> **WHAT THE TASK REQUIRES**
Copy out every line in the entries below that includes "append".
START EXCERPTED RECORDS
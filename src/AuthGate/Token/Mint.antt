-- ===== src/AuthGate/Token/Mint.antt =====
-- A minted token is read back.
use router_docker.Prelude.{ℕ, ◌*◌, ◌^◌, ◌≤◌, ◌<◌, ◌≡◌, refl, true, some, arith}
use router_docker.Text.{Bytes}
use router_docker.Text.Laws.{equal_refl}
use router_docker.Text.Cut.{cut-append}
use router_docker.Text.Lines.{lacks}
use router_docker.Text.Decimal.{ℤ, pos, itoa, decimal}
use router_docker.Text.Integer.{parse_int-decimal, decimal-lacks}
use router_docker.AuthGate.Token.{
  Signing, second, is_after, int_ltb, payload_of, mint_token, payload_times, is_consistent,
  signed_payload, token_times,
}

-- The documented behaviour of the libraries that the tokens rely on.
pub record IsSigning (sg : Signing) : Type 0 where
  pub decode-encode : (b : Bytes) → sg.decode (sg.encode b) ≡ some b
  -- the alphabet has no dot
  pub encode-lacks : (b : Bytes) → lacks b'.' (sg.encode b) ≡ true

module _ (sg : Signing) where
  signed_payload-mint_token :
      (origin refreshed : ℤ)
      → IsSigning sg
      → signed_payload sg (mint_token sg origin refreshed) ≡ some (payload_of sg origin refreshed)
  unfolding signed_payload mint_token
  signed_payload-mint_token origin refreshed h =
      let payload = payload_of sg origin refreshed in
      rw
        (cut-append b'.' (sg.encode payload) (sg.encode (sg.sign payload)) (h.encode-lacks payload))
        (rw (h.decode-encode payload)
          (rw (h.decode-encode (sg.sign payload)) (rw (equal_refl (sg.sign payload)) refl)))

  payload_times-payload_of :
      (o r : ℕ)
      → o < 2 ^ 63
      → r < 2 ^ 63
      → payload_times sg (payload_of sg (pos o) (pos r)) ≡ some (pos o, pos r)
  unfolding payload_times payload_of itoa
  payload_times-payload_of o r ho hr =
      rw (cut-append b':' (decimal o) (decimal r) (decimal-lacks b':' o refl))
        (rw (parse_int-decimal o ho) (rw (parse_int-decimal r hr) refl))

  -- A token minted for two times that lie in the past, in order, is accepted, and gives them back.
  pub token_times-mint_token :
      (o r now : ℕ)
      → IsSigning sg
      → o ≤ r
      → r * second ≤ now
      → r < 2 ^ 63
      → token_times sg now (some (mint_token sg (pos o) (pos r))) ≡ some (pos o, pos r)
  unfolding token_times is_consistent is_after int_ltb
  token_times-mint_token o r now h le past hr =
      rw (signed_payload-mint_token (pos o) (pos r) h)
        (rw (payload_times-payload_of o r (omega arith) hr) (ground arith))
END EXCERPTED RECORDS
> **RESULT BELOW**
use router_docker.Text.Cut.{cut-append}
        (cut-append b'.' (sg.encode payload) (sg.encode (sg.sign payload)) (h.encode-lacks payload))
      rw (cut-append b':' (decimal o) (decimal r) (decimal-lacks b':' o refl))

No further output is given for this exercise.